(The data begins)

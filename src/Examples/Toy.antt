-- ===== src/Examples/Toy.antt =====
-- The operations of the small model, and proofs that it meets the contracts.
use tls.Base.{
  ℕ, zero, suc, ◌-◌, ◌≤◌, ◌≡◌, ◌↔◌, refl, sym, ap, min, Bool, true, false, not, Option, none, some,
  Result, ok, err, List, [], ◌∷◌, ◌++◌, length, take, drop, flatten, is_nil, leb, if◌then◌else◌,
  arith, append-nil, take-append-drop, take-all,
}
use tls.Outside.{Outside}
use tls.Outside.Laws.{CursorLaws, PoolLaws, WriteLaws, PlainLaws, ReserveLaws, ReadLaws}
use tls.Outside.Progress.{Progress, PlanLaws}

pub record ToyCursor : Type 0 where
  pub bytes : List ℕ
  pub room : ℕ

-- `sealed` is queued for the socket, `incoming` has been read and not processed, `plain` waits for
-- the reader, and `accepted` is all plaintext written and `handed` all plaintext consumed.
pub record ToyNative : Type 0 where
  pub sealed : List ℕ
  pub incoming : List ℕ
  pub plain : List ℕ
  pub accepted : List ℕ
  pub handed : List ℕ
  pub shaking : Bool

abbrev pub toy_append : ToyCursor → List ℕ → ℕ × ToyCursor
toy_append s bs = (
  min (length bs) s.room,
  record { bytes = s.bytes ++ take s.room bs; room = s.room - min (length bs) s.room },
)

abbrev pub toy_view : ℕ → Option (ToyCursor × ℕ)
toy_view zero = none
toy_view (suc n) = some (record { bytes = []; room = 8 }, n)

abbrev pub toy_write : ToyNative → List ℕ → Result (Unit {0}) ℕ × ToyNative
toy_write n bs = (ok (length bs), record n { sealed = n.sealed ++ bs; accepted = n.accepted ++ bs })

abbrev toy_check : ℕ → ℕ → Result (Unit {0}) (Unit {0})
toy_check a l = if leb a l then ok tt else err tt

instance abbrev pub toy : Outside
toy = record {
  TlsError = Unit {0};
  IoError = Unit {0};
  AllocError = Unit {0};
  BoundedError = Unit {0};
  ConsumeError = Unit {0};
  is_would_block = λ _. true;
  Cursor = ToyCursor;
  Spare = ToyCursor;
  Pool = ℕ;
  as_slice = λ c. c.bytes;
  is_empty = λ c. is_nil c.bytes;
  spare_len = λ c. c.room;
  consume_max = λ c k. record c { bytes = drop k c.bytes };
  spare = λ c. c;
  remaining = λ s. s.room;
  append = toy_append;
  commit = λ s. s;
  view = toy_view;
  available = λ p. p;
  give_back = λ c p. suc p;
  check = toy_check;
  Reserve = List ℕ;
  Chunk = List ℕ;
  try_append = λ r bs. ok (r ++ bs);
  freeze = λ r. r;
  chunk_slice = λ c. c;
  Native = ToyNative;
  wants_write = λ n. not (is_nil n.sealed);
  is_handshaking = λ n. n.shaking;
  send_close_notify = λ n. record n { sealed = n.sealed ++ 0 ∷ [] };
  write_tls = λ wv n s.
      let (k, s') = wv s (n.sealed ∷ []) in (ok k, record n { sealed = drop k n.sealed }, s');
  write = toy_write;
  write_vectored = λ n bs. toy_write n (flatten bs);
  read_tls = λ n bs. (ok (length bs), record n { incoming = n.incoming ++ bs });
  process_new_packets = λ n. (ok false, record n { incoming = []; plain = n.plain ++ n.incoming });
  fill_buf = λ n. (ok n.plain, n);
  consume = λ n k. record n { plain = drop k n.plain; handed = n.handed ++ take k n.plain };
}

pub is_nil_iff : (xs : List ℕ) → (is_nil xs ≡ true → xs ≡ []) × (xs ≡ [] → is_nil xs ≡ true)
is_nil_iff xs = ground arith

abbrev pub toy_cursors : CursorLaws
toy_cursors = record {
  is_empty_iff = λ c. is_nil_iff c.bytes;
  as_slice-consume_max = λ c k. refl;
  as_slice-spare = λ c. refl;
  remaining-spare = λ c. refl;
  spare_len-commit = λ s. refl;
  append-count = λ s bs. refl;
  append-remaining = λ s bs. omega arith;
  append-bytes = λ s bs. refl;
}

pub toy_view-empty :
    (p : ℕ) {q : ℕ} {c : ToyCursor} → toy_view p ≡ some (c, q) → (c.bytes ≡ []) × (p ≡ suc q)
toy_view-empty zero e = cc
toy_view-empty (suc n) e = ground arith

pub toy_view-none : (p : ℕ) → toy_view p ≡ none → p ≡ 0
toy_view-none zero e = refl
toy_view-none (suc n) e = cc

abbrev pub toy_pools : PoolLaws
toy_pools = record {
  view-empty = λ {p} e. (toy_view-empty p e).0;
  view-available = λ {p} e. (toy_view-empty p e).1;
  view-none = λ {p} e. toy_view-none p e;
  give_back-available = λ c p. refl;
}

pub never_err :
    {A B : Type 0} {a : A} {e : Unit {0}} → ◌≡◌ {A = Result (Unit {0}) A} (ok a) (err e) → B
never_err e = cc

pub toy_wants :
    (n : ToyNative)
    → (not (is_nil n.sealed) ≡ false → n.sealed ≡ [])
      × (n.sealed ≡ [] → not (is_nil n.sealed) ≡ false)
toy_wants n = ground arith

pub toy_write_tls :
    (wv : ToyCursor → List (List ℕ) → ℕ × ToyCursor) (n : ToyNative) (s : ToyCursor) {k : ℕ}
    → ◌≡◌ {A = Result (Unit {0}) ℕ} (ok (wv s (n.sealed ∷ [])).0) (ok k)
    → ((wv s (n.sealed ∷ [])).0 ≡ k)
      × ((wv s (n.sealed ∷ [])).1 ≡ (wv s (n.sealed ∷ [])).1)
      × (n.sealed ≡ take k (n.sealed ++ []) ++ drop (wv s (n.sealed ∷ [])).0 n.sealed)
toy_write_tls wv n s {k} e =
    let same : (wv s (n.sealed ∷ [])).0 ≡ k = cc in
    (same, refl, rw (same, append-nil) (sym (take-append-drop k n.sealed)))

pub toy_written :
    (n : ToyNative) (bs : List ℕ) {k : ℕ}
    → ◌≡◌ {A = Result (Unit {0}) ℕ} (ok (length bs)) (ok k)
    → (k ≤ length bs) × (n.accepted ++ bs ≡ n.accepted ++ take k bs)
toy_written n bs {k} e =
    let same : length bs ≡ k = cc in
    (omega arith, ap (◌++◌ n.accepted) (sym (take-all k bs (omega arith))))

abbrev pub toy_writes : WriteLaws
toy_writes = record {
  queued = λ n. n.sealed;
  offer = λ n. n.sealed ∷ [];
  wants_write_iff = toy_wants;
  write_tls-ok = λ wv n s e. toy_write_tls wv n s e;
  write_tls-err = λ wv n s e. never_err e;
  write-queued = λ n bs. (bs, refl);
  write_vectored-queued = λ n bs. (flatten bs, refl);
  send_close_notify-queued = λ n. (0 ∷ [], refl);
}

abbrev pub toy_plains : PlainLaws
toy_plains = record {
  accepted = λ n. n.accepted;
  write-ok = λ n bs e. toy_written n bs e;
  write-err = λ n bs e. never_err e;
  write_vectored-ok = λ n bs e. toy_written n (flatten bs) e;
  write_vectored-err = λ n bs e. never_err e;
  write_tls-accepted = λ wv n s. refl;
}

pub record ToyPart : Type 0 where
  pub taken : List ℕ
  pub behind : List ℕ

instance abbrev pub toy_progress : Progress
toy_progress = record {
  Plain = List ℕ;
  Part = ToyPart;
  rest = λ p. p;
  is_empty = λ p. is_nil p;
  take_part = λ p k. record { taken = take k p; behind = drop k p };
  part_slice = λ q. q.taken;
  amount = λ q. length q.taken;
  commit_part = λ q. q.behind;
  give_up = λ q. q.taken ++ q.behind;
  prefix = λ n k. min n k;
}

abbrev pub toy_plans : PlanLaws
toy_plans = record {
  is_empty_iff = is_nil_iff;
  part_slice-take = λ p k. refl;
  amount-take = λ p k. refl;
  rest-commit = λ p k. refl;
  rest-give_up = λ p k. take-append-drop k p;
  prefix-le = λ n k h. omega arith;
}

pub toy_check_iff : (a l : ℕ) → (toy_check a l ≡ ok tt) ↔ (a ≤ l)
toy_check_iff a l = ground arith

pub toy_appended :
    (r bs : List ℕ) {r' : List ℕ}
    → ◌≡◌ {A = Result (Unit {0}) (List ℕ)} (ok (r ++ bs)) (ok r')
    → r' ≡ r ++ bs
toy_appended r bs e = cc

pub toy_counted :
    (bs : List ℕ) {k : ℕ} → ◌≡◌ {A = Result (Unit {0}) ℕ} (ok (length bs)) (ok k) → k ≤ length bs
toy_counted bs {k} e = let same : length bs ≡ k = cc in omega arith

pub toy_consumed :
    (n : ToyNative) {p : List ℕ}
    → ◌≡◌ {A = Result (Unit {0}) (List ℕ)} (ok n.plain) (ok p)
    → n.handed ++ take (length p) n.plain ≡ n.handed ++ p
toy_consumed n {p} e =
    let same : n.plain ≡ p = cc in
    ap (◌++◌ n.handed) (rw same (take-all (length p) p (omega arith)))

abbrev pub toy_reserves : ReserveLaws
toy_reserves = record { check_iff = toy_check_iff; try_append-ok = λ r bs e. toy_appended r bs e }

abbrev pub toy_reads : ReadLaws
toy_reads = record {
  delivered = λ n. n.handed;
  read_tls-count = λ n bs e. toy_counted bs e;
  read_tls-delivered = λ n bs. refl;
  process-delivered = λ n. refl;
  write-delivered = λ n bs. refl;
  fill_buf-delivered = λ n. refl;
  consume-delivered = λ n e. toy_consumed n e;
}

(The data ends)

→ Prompt: Retype the entries above exactly, but only from the line containing "abbrev pub toy_view" through the line containing "append = toy_append;", both included.

→ Written answer:
abbrev pub toy_view : ℕ → Option (ToyCursor × ℕ)
toy_view zero = none
toy_view (suc n) = some (record { bytes = []; room = 8 }, n)

abbrev pub toy_write : ToyNative → List ℕ → Result (Unit {0}) ℕ × ToyNative
toy_write n bs = (ok (length bs), record n { sealed = n.sealed ++ bs; accepted = n.accepted ++ bs })

abbrev toy_check : ℕ → ℕ → Result (Unit {0}) (Unit {0})
toy_check a l = if leb a l then ok tt else err tt

instance abbrev pub toy : Outside
toy = record {
  TlsError = Unit {0};
  IoError = Unit {0};
  AllocError = Unit {0};
  BoundedError = Unit {0};
  ConsumeError = Unit {0};
  is_would_block = λ _. true;
  Cursor = ToyCursor;
  Spare = ToyCursor;
  Pool = ℕ;
  as_slice = λ c. c.bytes;
  is_empty = λ c. is_nil c.bytes;
  spare_len = λ c. c.room;
  consume_max = λ c k. record c { bytes = drop k c.bytes };
  spare = λ c. c;
  remaining = λ s. s.room;
  append = toy_append;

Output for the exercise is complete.